Saved entries
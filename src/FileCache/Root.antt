-- ===== src/FileCache/Root.antt =====
-- The root directory: InitRootFile of kernel/fs/file.c and InitRoot of kernel/fs/fs_manager.c.
use lt_kernel.Prelude.{ℕ, true, false, none, some, List, [], ◌∷◌, ◌==◌}
use lt_kernel.Prelude.Result.{Result, ok, ◌>>=◌}
use lt_kernel.Status.{KeStatus, status_success, status_alloc_failed}
use lt_kernel.Alloc.{request}
use lt_kernel.FileCache.{
  World, Cache, got, refused, set_file, create_file, browse_and_cache_directory,
}

abbrev pub root_name : List ℕ
root_name = b'/' ∷ []

-- `InitRootFile`, for an address that is not NULL
unfoldable pub init_root_file : World → ℕ → Cache → KeStatus × Cache
init_root_file w a c =
    let r = request w.grant c.heap in
    let f = c.files a in
    elim (r.0 == 0) [
      | true ↦
          (status_alloc_failed, set_file a (record f { name = none }) (record c { heap = r.1 }))
      | false ↦ (
        status_success,
        set_file a (record f { name = some root_name; parent = a }) (record c { heap = r.1 }),
      )
    ]

-- `EXT2_ROOT_INODE_NUMBER`
abbrev pub ext2_root_inode_number : ℕ
ext2_root_inode_number = 2

-- `InitRoot`, for a disk that is there: the status, the root file, and the cache.
unfoldable pub init_root : ℕ → World → Cache → Result (KeStatus × ℕ × Cache)
init_root fuel w c = elim (w.read_inode ext2_root_inode_number) [
  | refused s ↦ ok (s, 0, c)
  | got i ↦
      let f = create_file w i ext2_root_inode_number c in
      elim f.0 [
        | status_success ↦
            let n = init_root_file w f.1 f.2 in
            elim n.0 [
              | status_success ↦ do
                b ← browse_and_cache_directory fuel w f.1 n.1
                ok (b.0, f.1, b.1)
              | s ↦ ok (s, f.1, n.1)
            ]
        | s ↦ ok (s, f.1, f.2)
      ]
]
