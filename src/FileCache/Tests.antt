-- ===== src/FileCache/Tests.antt =====
-- A directory with two files and itself.
use lt_kernel.Prelude.{
  ℕ, ◌≡◌, refl, true, false, none, some, List, [], ◌∷◌, ◌++◌, ◌==◌, if◌then◌else◌, arith,
}
use lt_kernel.Prelude.Result.{ok}
use lt_kernel.Status.{status_failure}
use lt_kernel.FileCache.{
  World, File, Inode, Cache, refused, DirectoryEntry, read_entry, bytes_at,
  browse_and_cache_directory,
}
use lt_kernel.FileCache.Browse.{Encodes, Browsed, browse_and_cache_directory-Browsed}
use lt_kernel.FileCache.Open.{open_last, open_from}
use lt_kernel.FileCache.Climb.{climbing, open_from-climbs}

abbrev no_file : File
no_file = record {
  inum = 0;
  inode = none;
  name = none;
  content = none;
  opened = false;
  children = [];
  parent = 0;
}

-- `.`, then `sh`, then `ls` with the rest of 48 bytes
abbrev dir_bytes : List ℕ
dir_bytes =
    (2 ∷ 0 ∷ 0 ∷ 0 ∷ 12 ∷ 0 ∷ 1 ∷ 2 ∷ 46 ∷ 0 ∷ 0 ∷ 0 ∷ [])
    ++ ((11 ∷ 0 ∷ 0 ∷ 0 ∷ 12 ∷ 0 ∷ 2 ∷ 1 ∷ 115 ∷ 104 ∷ 0 ∷ 0 ∷ [])
        ++ (12 ∷ 0 ∷ 0 ∷ 0 ∷ 24 ∷ 0 ∷ 2 ∷ 1 ∷ 108 ∷ 115 ∷ []))

abbrev dir_inode : Inode
dir_inode = record { size = 48; mode = 0x41ed }

abbrev directory : File
directory = record no_file {
  inum = 2;
  inode = some dir_inode;
  content = some dir_bytes;
  opened = true;
  parent = 1;
}

abbrev world : World
world = record {
  grant = λ n. true;
  raw = λ a. no_file;
  read_inode = λ n. refused status_failure;
  read_file = λ n. refused status_failure;
}

abbrev one_directory : Cache
one_directory = record {
  files = λ a. if a == 1 then directory else no_file;
  heap = record { requests = 1; live = λ a. a == 1; double_frees = 0 };
}

abbrev entry : ℕ → ℕ → List ℕ → DirectoryEntry
entry inode rec_len name = record { inode = inode; rec_len = rec_len; name = name }

abbrev dir_entries : List DirectoryEntry
dir_entries =
    entry 2 12 (46 ∷ []) ∷ entry 11 12 (115 ∷ 104 ∷ []) ∷ entry 12 24 (108 ∷ 115 ∷ []) ∷ []

dir_bytes-Encodes : Encodes dir_bytes 48 0 dir_entries
unfolding read_entry bytes_at
dir_bytes-Encodes = (
  refl,
  omega arith,
  omega arith,
  (refl, omega arith, omega arith, (refl, omega arith, omega arith, refl)),
)

browse_and_cache_directory-Browsed_example :
    Browsed 1 dir_entries one_directory (browse_and_cache_directory 4 world 1 one_directory)
browse_and_cache_directory-Browsed_example =
    browse_and_cache_directory-Browsed world 4 1 one_directory dir_inode dir_bytes dir_entries
      (λ n. refl) refl refl refl refl (omega arith) dir_bytes-Encodes
      (record { self = omega arith; children = tt }) (omega arith)

open_from-climbs_example :
    open_from 3 4 world (climbing (true ∷ false ∷ []) (115 ∷ 104 ∷ [])) 1 one_directory
    ≡ ok (open_last world 1 (115 ∷ 104 ∷ []) one_directory)
open_from-climbs_example =
    open_from-climbs (true ∷ false ∷ []) 3 4 world 115 (104 ∷ []) 1 one_directory
      ((λ e. absurd (omega arith)), ((λ e. absurd (omega arith)), tt)) (omega arith)
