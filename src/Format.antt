-- ===== src/Format.antt =====
-- The numbers of kernel/lib/stdio.c. What is printed is the list of the characters handed to
-- `printChar`; where they go (screen or serial port) is not modelled here.
pub mod Number
pub mod Binary
mod Tests
use lt_kernel.Prelude.{
  ℕ, zero, suc, ◌+◌, ◌-◌, ◌*◌, ◌/◌, ◌%◌, ◌^◌, ◌<◌, Bool, true, false, not, ◌&&◌, ◌||◌, List, [],
  ◌∷◌, ◌++◌, ◌==◌, if◌then◌else◌, ltb, leb,
}
use lt_kernel.Prelude.Int.{ℤ, pos, negsuc}
use lt_kernel.Prelude.Result.{Result, ok, fault, stuck, ◌>>=◌}

-- `HEX[reste]`
abbrev pub hex : ℕ → ℕ
hex digit = if ltb digit 10 then 48 + digit else 55 + digit

-- `while (quotient != 0)`: `chaine`, with the last character that was written first.
unfoldable pub digits_loop : ℕ → ℕ → ℕ → List ℕ → Result (List ℕ)
digits_loop zero base quotient chaine = stuck
digits_loop (suc fuel) base quotient chaine =
    let rest = digits_loop fuel base (quotient / base) (hex (quotient % base) ∷ chaine) in
    if quotient == 0 then ok chaine else rest

-- For -2^31, whose negation overflows, `quotient` stays negative and the digits are read from before
-- `HEX`: a `fault`.
unfoldable pub print_int : ℕ → ℤ → ℕ → Result (List ℕ)
print_int fuel (pos n) base =
    let zero_text = (if n == 0 then 48 ∷ [] else []) in
    if ltb base 2 || ltb 16 base
    then ok zero_text
    else do text ← digits_loop fuel base n []; ok (zero_text ++ text)
print_int fuel (negsuc n) base =
    if ltb base 2 || ltb 16 base
    then ok []
    else if n == 2147483647
    then fault
    else do text ← digits_loop fuel base (suc n) []; ok (45 ∷ text)

-- The loop of `printBin`, for the bits below `offset + 1 = left`; `i` counts the bits printed.
unfoldable pub bits_loop : ℕ → ℕ → ℕ → ℕ → List ℕ
bits_loop value nb_bits zero i = []
bits_loop value nb_bits (suc offset) i =
    (if ltb 8 nb_bits && ((i % 8 == 0) && not (i == 0)) then 46 ∷ [] else [])
    ++ (if value / 2 ^ offset % 2 == 1 then 49 else 48) ∷ bits_loop value nb_bits offset (suc i)

-- For a value as its 32-bit pattern and a count of bits that is not negative.
unfoldable pub print_bin : ℕ → ℕ → List ℕ
print_bin value nb_bits =
    let n = (if ltb 32 nb_bits then 32 else nb_bits) in bits_loop value n n 0 ++ 98 ∷ []
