-- ===== src/Format/Binary.antt =====
-- `printBin` prints the bits of the value.
use lt_kernel.Prelude.{
  ℕ, zero, suc, ◌+◌, ◌-◌, ◌*◌, ◌/◌, ◌%◌, ◌^◌, ◌<◌, ◌≡◌, refl, sym, ap, ◌∙◌, Bool, true, false, not,
  ◌&&◌, List, [], ◌∷◌, ◌++◌, ◌==◌, if◌then◌else◌, arith, ltb,
}
use native.Mathlib.Nat.{div-add-mod, mod-lt, mod-eq_of_lt, mul-add-mod_self_left}
use lt_kernel.Format.{bits_loop, print_bin}

-- The value of a text of `0` and `1`, with dots between them and a `b` at the end, as a reader takes it.
abbrev pub bits_from : ℕ → List ℕ → ℕ
bits_from start [] = start
bits_from start (c ∷ cs) =
    if c == 46
    then bits_from start cs
    else (if c == 98 then start else bits_from (2 * start + (c - 48)) cs)

split_product : (m q b r : ℕ) → m * (2 * q + b) + r ≡ 2 * m * q + (b * m + r)
split_product m q b r = omega arith

bit_below : (m b r : ℕ) → b < 2 → r < m → b * m + r < 2 * m
bit_below m zero r hb hr = omega arith
bit_below m (suc zero) r hb hr = omega arith
bit_below m (suc (suc b)) r hb hr = absurd (omega arith)

mod_double : (m v : ℕ) → 0 < m → v % (2 * m) ≡ v / m % 2 * m + v % m
mod_double m v h =
    let q = v / m / 2 in
    let b = v / m % 2 in
    let r = v % m in
    let half : 2 * q + b ≡ v / m = div-add-mod (v / m) 2 in
    let whole : v ≡ 2 * m * q + (b * m + r) =
      sym (div-add-mod v m) ∙ ap (λ t. m * t + r) (sym half) ∙ split_product m q b r in
    ap (λ t. t % (2 * m)) whole
    ∙ mul-add-mod_self_left (2 * m) q (b * m + r)
    ∙ mod-eq_of_lt (bit_below m b r (mod-lt (v / m) (omega arith)) (mod-lt v h))

shift_sum : (s b m r : ℕ) → (2 * s + b) * m + r ≡ s * (2 * m) + (b * m + r)
shift_sum s b m r = omega arith

doubled : (n : ℕ) → 2 * 2 ^ n ≡ 2 ^ suc n
doubled n = omega arith

pow_pos : (n : ℕ) → 0 < 2 ^ n
pow_pos zero = omega arith
pow_pos (suc n) = omega (arith, pow_pos n)

dots :
    (b : Bool) (bit start : ℕ) (cs more : List ℕ)
    → bit < 2
    → bits_from start (((if b then 46 ∷ [] else []) ++ (if bit == 1 then 49 else 48) ∷ cs) ++ more)
      ≡ bits_from (2 * start + bit) (cs ++ more)
dots true zero start cs more h = refl
dots true (suc zero) start cs more h = refl
dots true (suc (suc n)) start cs more h = absurd (omega arith)
dots false zero start cs more h = refl
dots false (suc zero) start cs more h = refl
dots false (suc (suc n)) start cs more h = absurd (omega arith)

bits_loop_lem :
    (value nb_bits left i start : ℕ)
    → bits_from start (bits_loop value nb_bits left i ++ 98 ∷ [])
      ≡ start * 2 ^ left + value % 2 ^ left
unfolding bits_loop
bits_loop_lem value nb_bits zero i start = omega arith
bits_loop_lem value nb_bits (suc left) i start =
    let bit = value / 2 ^ left % 2 in
    let low : bit < 2 = mod-lt (value / 2 ^ left) (omega arith) in
    let rest = bits_loop_lem value nb_bits left (suc i) (2 * start + bit) in
    let sum : (2 * start + bit) * 2 ^ left + value % 2 ^ left
        ≡ start * 2 ^ suc left + value % 2 ^ suc left =
      shift_sum start bit (2 ^ left) (value % 2 ^ left)
      ∙ ap (λ t. start * (2 * 2 ^ left) + t) (sym (mod_double (2 ^ left) value (pow_pos left)))
      ∙ ap (λ m. start * m + value % m) (doubled left) in
    dots (ltb 8 nb_bits && ((i % 8 == 0) && not (i == 0))) (value / 2 ^ left % 2) start
      (bits_loop value nb_bits left (suc i)) (98 ∷ []) low
    ∙ rest
    ∙ sum

-- For every value and every count of bits, `printBin` prints the lowest bits of the value, at most 32:
-- the text, without its dots and up to its `b`, reads as the value modulo that power of 2.
pub print_bin_lem :
    (value nb_bits : ℕ)
    → bits_from 0 (print_bin value nb_bits) ≡ value % 2 ^ (if ltb 32 nb_bits then 32 else nb_bits)
unfolding print_bin
print_bin_lem value nb_bits =
    let n = (if ltb 32 nb_bits then 32 else nb_bits) in bits_loop_lem value n n 0 0 ∙ omega arith
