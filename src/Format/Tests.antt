-- ===== src/Format/Tests.antt =====
-- Numbers printed at concrete values.
use lt_kernel.Prelude.{◌%◌, ◌^◌, ◌≡◌, arith}
use lt_kernel.Prelude.Int.{negsuc}
use lt_kernel.Format.{print_int, print_bin}
use lt_kernel.Format.Number.{Reads, print_int-Reads}
use lt_kernel.Format.Binary.{bits_from, print_bin_lem}

print_int-Reads_example : Reads 16 (negsuc 48878) (print_int 33 (negsuc 48878) 16)
print_int-Reads_example =
    print_int-Reads 16 (negsuc 48878) (omega arith) (omega arith) (omega arith)

print_bin_lem_example : bits_from 0 (print_bin 773 10) ≡ 773 % 2 ^ 10
print_bin_lem_example = print_bin_lem 773 10
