-- ===== src/Frames/Init.antt =====
-- The bitmap that `InitVmm` sets up.
use lt_kernel.Prelude.{
  ℕ, zero, suc, ◌+◌, ◌-◌, ◌*◌, ◌/◌, ◌%◌, ◌^◌, ◌<◌, ◌≤◌, ◌≡◌, refl, true, false, not, ◌⊎◌, inl, inr,
  arith, length, get_or, set, length-set, get_or-set_self, get_or-set_ne, All-set, All-replicate,
  length-replicate, get_or-replicate, ltb, leb, ◌||◌, ◌∙◌, dec_lt,
}
use lt_kernel.Prelude.Words.{test_bit, each_below, each_below_sound}
use lt_kernel.Frames.{
  Bitmap, page_size, is_used, set_page_used, block_bytes, reserve_pages, init_bitmap, last_page,
  bitmap_size, ram_max_page, cleared, IsBitmap, IsByte, pages,
}
use lt_kernel.Frames.Bits.{set_page_used-IsBitmap, is_used-set_self, is_used-set_ne}
use lt_kernel.Frames.Search.{full_byte}

length-set_page_used : (bm : Bitmap) (p : ℕ) → length (set_page_used bm p) ≡ length bm
unfolding set_page_used
length-set_page_used bm p = length-set bm (p / 8) _

length-block_bytes : (n i : ℕ) (bm : Bitmap) → length (block_bytes n i bm) ≡ length bm
unfolding block_bytes
length-block_bytes zero i bm = refl
length-block_bytes (suc n) i bm = length-block_bytes n (i + 1) (set bm i 255) ∙ length-set bm i 255

block_bytes-IsBitmap : (n i : ℕ) (bm : Bitmap) → IsBitmap bm → IsBitmap (block_bytes n i bm)
unfolding block_bytes
block_bytes-IsBitmap zero i bm v = v
block_bytes-IsBitmap (suc n) i bm v = block_bytes-IsBitmap n (i + 1) (set bm i 255) (record {
  small = omega (arith, length-set {0} bm i 255, v.small);
  bytes = All-set IsByte bm i 255 v.bytes (omega arith);
})

-- A byte that the loop does not pass is left as it was.
block_bytes-miss :
    (n i j : ℕ) (bm : Bitmap)
    → (j < i) ⊎ (i + n ≤ j)
    → get_or (block_bytes n i bm) j 0 ≡ get_or bm j 0
unfolding block_bytes
block_bytes-miss zero i j bm out = refl
block_bytes-miss (suc n) i j bm out =
    block_bytes-miss n (i + 1) j (set bm i 255) (omega arith)
    ∙ get_or-set_ne bm i j 255 0 (omega arith)

-- A byte that the loop passes becomes 255.
block_bytes-hit :
    (n i j : ℕ) (bm : Bitmap)
    → i ≤ j
    → j < i + n
    → j < length bm
    → get_or (block_bytes n i bm) j 0 ≡ 255
unfolding block_bytes
block_bytes-hit zero i j bm lo hi inside = absurd (omega arith)
block_bytes-hit (suc n) i j bm lo hi inside = elim (dec_lt i j) [
  | yes lt ↦
      block_bytes-hit n (i + 1) j (set bm i 255) (omega arith) (omega arith)
        (omega (arith, length-set {0} bm i 255))
  | no ge ↦
      let e : i ≡ j = omega arith in
      rw (← e) (
        block_bytes-miss n (i + 1) i (set bm i 255) (inl (omega arith))
        ∙ get_or-set_self bm i 255 0 (omega arith))
]

length-reserve_pages : (n i : ℕ) (bm : Bitmap) → length (reserve_pages n i bm) ≡ length bm
unfolding reserve_pages
length-reserve_pages zero i bm = refl
length-reserve_pages (suc n) i bm =
    length-reserve_pages n (i + 1) (set_page_used bm i) ∙ length-set_page_used bm i

reserve_pages-IsBitmap : (n i : ℕ) (bm : Bitmap) → IsBitmap bm → IsBitmap (reserve_pages n i bm)
unfolding reserve_pages
reserve_pages-IsBitmap zero i bm v = v
reserve_pages-IsBitmap (suc n) i bm v =
    reserve_pages-IsBitmap n (i + 1) (set_page_used bm i) (set_page_used-IsBitmap v i)

-- A frame outside the range keeps its state, and one inside becomes used.
reserve_pages-miss :
    (n i q : ℕ) (bm : Bitmap)
    → IsBitmap bm
    → i + n ≤ pages bm
    → (q < i) ⊎ (i + n ≤ q)
    → is_used (reserve_pages n i bm) q ≡ is_used bm q
unfolding reserve_pages
reserve_pages-miss zero i q bm v fits out = refl
reserve_pages-miss (suc n) i q bm v fits out =
    reserve_pages-miss n (i + 1) q (set_page_used bm i) (set_page_used-IsBitmap v i)
      (omega (arith, length-set_page_used bm i)) (omega arith)
    ∙ is_used-set_ne v i q (omega arith) (omega arith)

reserve_pages-hit :
    (n i q : ℕ) (bm : Bitmap)
    → IsBitmap bm
    → i + n ≤ pages bm
    → i ≤ q
    → q < i + n
    → is_used (reserve_pages n i bm) q ≡ true
unfolding reserve_pages
reserve_pages-hit zero i q bm v fits lo hi = absurd (omega arith)
reserve_pages-hit (suc n) i q bm v fits lo hi = elim (dec_lt i q) [
  | yes lt ↦
      reserve_pages-hit n (i + 1) q (set_page_used bm i) (set_page_used-IsBitmap v i)
        (omega (arith, length-set_page_used bm i)) (omega arith) (omega arith)
  | no ge ↦
      let e : i ≡ q = omega arith in
      rw (← e) (
        reserve_pages-miss n (i + 1) i (set_page_used bm i) (set_page_used-IsBitmap v i)
          (omega (arith, length-set_page_used bm i)) (inl (omega arith))
        ∙ is_used-set_self v i (omega arith))
]

length-cleared : (n : ℕ) → length (cleared n) ≡ n
unfolding cleared
length-cleared n = length-replicate n 0

cleared-IsBitmap : (n : ℕ) → n < bitmap_size + 1 → IsBitmap (cleared n)
unfolding cleared
cleared-IsBitmap n h = record {
  small = omega (arith, length-replicate {A = ℕ} n 0);
  bytes = All-replicate IsByte n 0 (omega arith);
}

no_bits : each_below 8 (λ i. not (test_bit 0 i)) ≡ true
unfolding each_below test_bit
no_bits = refl

-- A frame in a byte that is 0 is free, and one in a byte that is 255 is used.
is_used-zero : (bm : Bitmap) (q : ℕ) → get_or bm (q / 8) 0 ≡ 0 → is_used bm q ≡ false
unfolding is_used
is_used-zero bm q e =
    rw e
      (ground (arith, each_below_sound 8 (λ i. not (test_bit 0 i)) (q % 8) no_bits (omega arith)))

is_used-ones : (bm : Bitmap) (q : ℕ) → get_or bm (q / 8) 0 ≡ 255 → is_used bm q ≡ true
unfolding is_used
is_used-ones bm q e = rw e (each_below_sound 8 (test_bit 255) (q % 8) full_byte (omega arith))

module _ (size first limit q : ℕ) (small : size < bitmap_size + 1) (few : first ≤ size)
    (fits : limit ≤ 8 * size) (inside : q < 8 * size) where
  blocked : Bitmap
  blocked = block_bytes (size - first) first (cleared size)

  length-blocked : length blocked ≡ size
  unfolding blocked
  length-blocked = length-block_bytes (size - first) first (cleared size) ∙ length-cleared size

  blocked-IsBitmap : IsBitmap blocked
  unfolding blocked
  blocked-IsBitmap =
      block_bytes-IsBitmap (size - first) first (cleared size) (cleared-IsBitmap size small)

  is_used-blocked : is_used blocked q ≡ leb (8 * first) q
  unfolding blocked cleared
  is_used-blocked = elim (dec_lt q (8 * first)) [
    | yes lt ↦
        is_used-zero _ q (
          block_bytes-miss (size - first) first (q / 8) (cleared size) (inl (omega arith))
          ∙ get_or-replicate size (q / 8) 0)
        ∙ ground arith
    | no ge ↦
        is_used-ones _ q (
          block_bytes-hit (size - first) first (q / 8) (cleared size) (omega arith) (omega arith)
            (omega (arith, length-cleared size)))
        ∙ ground arith
  ]

  is_used-reserved : is_used (reserve_pages limit 0 blocked) q ≡ (ltb q limit || leb (8 * first) q)
  is_used-reserved = elim (dec_lt q limit) [
    | yes lt ↦
        reserve_pages-hit limit 0 q blocked blocked-IsBitmap (omega (arith, length-blocked))
          (omega arith) (omega arith)
        ∙ ground arith
    | no ge ↦
        reserve_pages-miss limit 0 q blocked blocked-IsBitmap (omega (arith, length-blocked))
          (inr (omega arith))
        ∙ (is_used-blocked ∙ ground arith)
  ]

-- Behind the part of `InitVmm` that fills the bitmap, before HeapInit and PageHeapInit take frames, a
-- frame is in use exactly if it lies below `pKernelLimit`, or in a byte of the bitmap at or behind that of the first frame which the machine does not have (so up to seven
-- frames that it does have stay blocked); for a `pKernelLimit` within the 4 GiB of the bitmap.
pub is_used-init_bitmap :
    (high_mem kernel_limit q : ℕ)
    → kernel_limit < 2 ^ 32
    → q < ram_max_page
    → is_used (init_bitmap high_mem kernel_limit) q
      ≡ (ltb q (kernel_limit / page_size) || leb (8 * (last_page high_mem / 8)) q)
unfolding init_bitmap blocked
is_used-init_bitmap high_mem kernel_limit q small inside =
    is_used-reserved bitmap_size (last_page high_mem / 8) (kernel_limit / page_size) q (omega arith)
      (omega arith) (omega arith) (omega arith)

-- The bitmap that `InitVmm` leaves has `bitmap_size` bytes.
pub init_bitmap-IsBitmap :
    (high_mem kernel_limit : ℕ)
    → IsBitmap (init_bitmap high_mem kernel_limit)
      × (length (init_bitmap high_mem kernel_limit) ≡ bitmap_size)
unfolding init_bitmap
init_bitmap-IsBitmap high_mem kernel_limit =
    let n = ram_max_page / 8 - last_page high_mem / 8 in
    let first = last_page high_mem / 8 in
    let b = block_bytes n first (cleared bitmap_size) in
    (
      reserve_pages-IsBitmap (kernel_limit / 4096) 0 b
          (block_bytes-IsBitmap n first _ (cleared-IsBitmap bitmap_size (omega arith))),
      length-reserve_pages (kernel_limit / 4096) 0 b
          ∙ (length-block_bytes n first (cleared bitmap_size) ∙ length-cleared bitmap_size),
    )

(EXERCISE BRIEF) Across the data above, count every line with "Result" in it and write only the total.

(OUTPUT OF THE TASK) 6